ALG: Bernanke Lied About Bailing Out Europe, Congressional Action Called For

Fed

"Bernanke lied when he said the Fed would not bail out Europe.  Yesterday, the Federal Reserve agreed to send billions of dollars to European foreign central banks, including the European Central Bank.  Clearly there were contingency plans in place that Bernanke did not disclose to Congress."   —ALG President Bill Wilson

May 10th, 2010, Fairfax, VA—Americans for Limited Government President Bill Wilson today condemned Federal Reserve Chairman Ben Bernanke for "lying about the Fed participating in a bailout of Europe in response to the rapidly escalating sovereign debt crisis," and called for a Congressional investigation into the Fed, including the passage of a complete audit of the central bank.

"Fed Chairman Ben Bernanke assured the Congress that the Fed had no plans to bail out Greece and other European countries," Wilson said, "and now here we are, and the Fed and the ECB are basically printing money to purchase worthless junk bonds from nations that are so bankrupt that nobody will buy their debt anymore."

In February, Congressman Ron Paul (R-TX), who proposed and had passed a House version of a Federal Reserve audit, questioned Fed Chairman Ben Bernanke about whether the central bank was planning to engage in a bailout of Greece.

At the time, Bernanke said, "we have no plans whatsoever to be involved in any foreign bailouts or anything of that sort."

According to the Wall Street Journal, "the U.S. Federal Reserve said Sunday that it would revive an emergency lending program used during the financial crisis. The Fed will ship billions of dollars overseas through foreign central banks, including the ECB, so they can, in turn, lend the money out to banks in their home countries in need of dollar funding."
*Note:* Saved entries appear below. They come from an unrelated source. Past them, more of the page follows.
-- ===== src/Worker/Inbox.antt =====
-- apps/worker/src/events.ts: the queue table event_inbox. Rows are claimed under a lease of one
-- minute, given back after a failure, and buried after five attempts. Times are milliseconds.
-- `Payload` is the JSON of an event, and `none` the empty object that replaces it.
pub mod Invariant
pub mod Order
pub mod Claim
pub mod Fence
pub mod Tests
use get_exception.Base.{
  Ident, ℕ, ◌+◌, ◌*◌, ◌^◌, min, Bool, true, false, not, ◌&&◌, ◌||◌, Option, none, some, List, [],
  ◌∷◌, ◌++◌, filter, any, ltb, leb, ◌==◌, if◌then◌else◌,
}
use get_exception.Base.Table.{update_many, update, first_by}

pub data Status : Type 0 where
  pending processing done dead discarded : Status

pub data Fault : Type 0 where
  lease_exhausted attempts_exhausted processing_failed : Fault

pub record Row (Payload : Type 0) : Type 0 where
  pub id : Ident
  pub project_id : Option Ident
  pub event_id : Ident
  pub payload : Option Payload
  pub received_at : ℕ
  pub status : Status
  pub attempts : ℕ
  pub next_attempt_at : ℕ
  pub lease_token : Option Ident
  pub lease_until : Option ℕ
  pub last_error : Option Fault

abbrev pub max_attempts : ℕ
max_attempts = 5

abbrev pub lease_time : ℕ
lease_time = 60000

abbrev pub is_pending : Status → Bool
is_pending pending = true
is_pending _ = false

abbrev pub is_processing : Status → Bool
is_processing pending = false
is_processing processing = true
is_processing _ = false

-- `column < now` on a nullable column: false on NULL.
abbrev pub is_before : Option ℕ → ℕ → Bool
is_before none now = false
is_before (some t) now = ltb t now

-- `column = value` on nullable columns: IS NULL for null, as the client library writes it.
abbrev pub same_token : Option Ident → Option Ident → Bool
same_token none none = true
same_token none (some t) = false
same_token (some s) none = false
same_token (some s) (some t) = s == t

-- The delay before the next attempt.
pub backoff : ℕ → ℕ
backoff attempts = min 300000 (1000 * 2 ^ attempts)

-- `"projectId" IS NOT NULL AND EXISTS (…)`: `live` says which projects are there and not deleted.
abbrev pub is_live : (Ident → Bool) → Option Ident → Bool
is_live live none = false
is_live live (some p) = live p

-- `"leaseToken" = …` in SQL: never true of NULL.
abbrev pub equal_token : Option Ident → Option Ident → Bool
equal_token none t = false
equal_token (some s) none = false
equal_token (some s) (some t) = s == t

module _ {Payload : Type 0} where
  -- A worker that died at its last attempt.
  unfoldable pub is_exhausted : ℕ → Row Payload → Bool
  is_exhausted now r =
      is_processing r.status && is_before r.lease_until now && leb max_attempts r.attempts

  pub bury : Row Payload → Row Payload
  bury r = record r {
    status = dead;
    lease_until = none;
    lease_token = none;
    last_error = some lease_exhausted;
  }

  pub is_claimable : (Ident → Bool) → ℕ → Row Payload → Bool
  is_claimable live now r =
      is_live live r.project_id
      && ltb r.attempts max_attempts
      && ((is_pending r.status && leb r.next_attempt_at now)
          || (is_processing r.status && is_before r.lease_until now))

  -- ORDER BY "receivedAt", id
  abbrev pub precedes : Row Payload → Row Payload → Bool
  precedes r s =
      ltb r.received_at s.received_at || (r.received_at == s.received_at && ltb r.id s.id)

  unfoldable pub lease : ℕ → Ident → Row Payload → Row Payload
  lease now token r = record r {
    status = processing;
    attempts = r.attempts + 1;
    lease_token = some token;
    lease_until = some (now + lease_time);
  }

  -- The rows of which SKIP LOCKED leaves the choice: `locked` are those that other transactions hold.
  pub open_rows : (Ident → Bool) → (Ident → Bool) → ℕ → List (Row Payload) → List (Row Payload)
  unfolding is_claimable
  open_rows live locked now rows = filter (λ r. is_claimable live now r && not (locked r.id)) rows

  -- The row that was selected is leased, and its new state is the job.
  pub grant :
      ℕ
      → Ident
      → List (Row Payload)
      → Option (Row Payload)
      → List (Row Payload) × Option (Row Payload)
  unfolding lease
  grant now token rows none = (rows, none)
  grant now token rows (some r) =
      (update (λ s. s.id == r.id) (lease now token) rows, some (lease now token r))

  pub bury_exhausted : ℕ → List (Row Payload) → List (Row Payload)
  unfolding is_exhausted bury
  bury_exhausted now inbox = update_many (is_exhausted now) bury inbox

  -- The inbox afterwards, and the job, if there is one. `token` is the random lease token.
  unfoldable pub claim :
      (Ident → Bool)
      → (Ident → Bool)
      → ℕ
      → Ident
      → List (Row Payload)
      → List (Row Payload) × Option (Row Payload)
  unfolding bury_exhausted open_rows grant
  claim live locked now token inbox =
      let rows = bury_exhausted now inbox in
      grant now token rows (first_by precedes (open_rows live locked now rows))

  -- The rows that a job may still write: the `where` of the heartbeat and of `retryJob`.
  abbrev pub is_owned : Row Payload → Row Payload → Bool
  is_owned job r =
      r.id == job.id && same_token r.lease_token job.lease_token && is_processing r.status

  pub heartbeat : Row Payload → ℕ → List (Row Payload) → List (Row Payload)
  heartbeat job now =
      update_many (is_owned job) (λ r. record r { lease_until = some (now + lease_time) })

  unfoldable pub retry_job : Row Payload → ℕ → List (Row Payload) → List (Row Payload) × Bool
  retry_job job now inbox =
      let is_dead = leb max_attempts job.attempts in
      (
        update_many (is_owned job)
            (λ r. record r {
              status = if is_dead then dead else pending;
              next_attempt_at = now + backoff job.attempts;
              lease_token = none;
              lease_until = none;
              last_error = some (if is_dead then attempts_exhausted else processing_failed);
            })
            inbox,
        is_dead,
      )

  -- The fence of `processJob`: the row is still processing under the job's token.
  abbrev pub holds : Row Payload → Row Payload → Bool
  holds job r =
      r.id == job.id && equal_token r.lease_token job.lease_token && is_processing r.status

  unfoldable pub is_held : Row Payload → List (Row Payload) → Bool
  is_held job inbox = any (holds job) inbox

  -- The end of `processJob`: the payload goes, the receipt stays.
  unfoldable pub settle : Row Payload → List (Row Payload) → List (Row Payload)
  settle job =
      update (λ r. r.id == job.id)
        λ r. record r {
          status = done;
          payload = none;
          lease_token = none;
          lease_until = none;
          last_error = none;
        }

  -- `createMany` with `skipDuplicates`: one row for a project's event.
  abbrev pub is_duplicate : Row Payload → Row Payload → Bool
  is_duplicate new r = same_token r.project_id new.project_id && r.event_id == new.event_id

  abbrev pub new_row : Ident → Ident → Ident → Payload → ℕ → Row Payload
  new_row id project event payload now = record {
    id = id;
    project_id = some project;
    event_id = event;
    payload = some payload;
    received_at = now;
    status = pending;
    attempts = 0;
    next_attempt_at = now;
    lease_token = none;
    lease_until = none;
    last_error = none;
  }

  unfoldable pub accept : Row Payload → List (Row Payload) → List (Row Payload)
  accept new inbox = if any (is_duplicate new) inbox then inbox else inbox ++ (new ∷ [])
Wilson said, "Now we know Bernanke lied when he said the Fed would not bail out Europe.  Yesterday, the Federal Reserve agreed to send billions of dollars to European foreign central banks, including the European Central Bank.  Clearly there were contingency plans in place that Bernanke did not disclose to Congress." 

The Fed program comes as the European Central Bank (ECB) announced a program to purchase European government bonds, and the European Union and International Monetary Fund announced a wider €750 billion bailout for the entire continent.

Wilson urged Congress to investigate the Fed Chairman "to find out when the bailout of Europe was planned" and to complete plans to audit the Federal Reserve.  He also denounced Senator Bernie Sanders (I-VT) for weakening a plan to conduct a full audit of the Federal Reserve as an amendment to the Dodd financial takeover bill. 

"Bernie Sanders is a sellout," Wilson declared, "His weakened amendment will still shield from public oversight the Federal Reserve's transactions with foreign central banks and governments, including yesterday's announced Fed participation in the trillion-dollar European bailout."

Under current law, the Government Accountability Office, according to 31 USCA §714(b), cannot audit and exempts from public oversight the following activities of the Federal Reserve:

 (1) transactions for or with a foreign central bank, government of a foreign country, or nonprivate international financing organization;
(2) deliberations, decisions, or actions on monetary policy matters, including discount window operations, reserves of member banks, securities credit, interest on deposits, open market operations;
(3) transactions made under the direction of the Federal Open Market Committee; or
(4) a part of a discussion or communication among or between members of the Board of Governors and officers and employees of the Federal Reserve System related to items.

The original Sanders amendment would have lifted these restrictions.  "Under the weakened Sanders amendment the European bailout is a transaction that will be protected from any public oversight and accountability," Wilson explained. 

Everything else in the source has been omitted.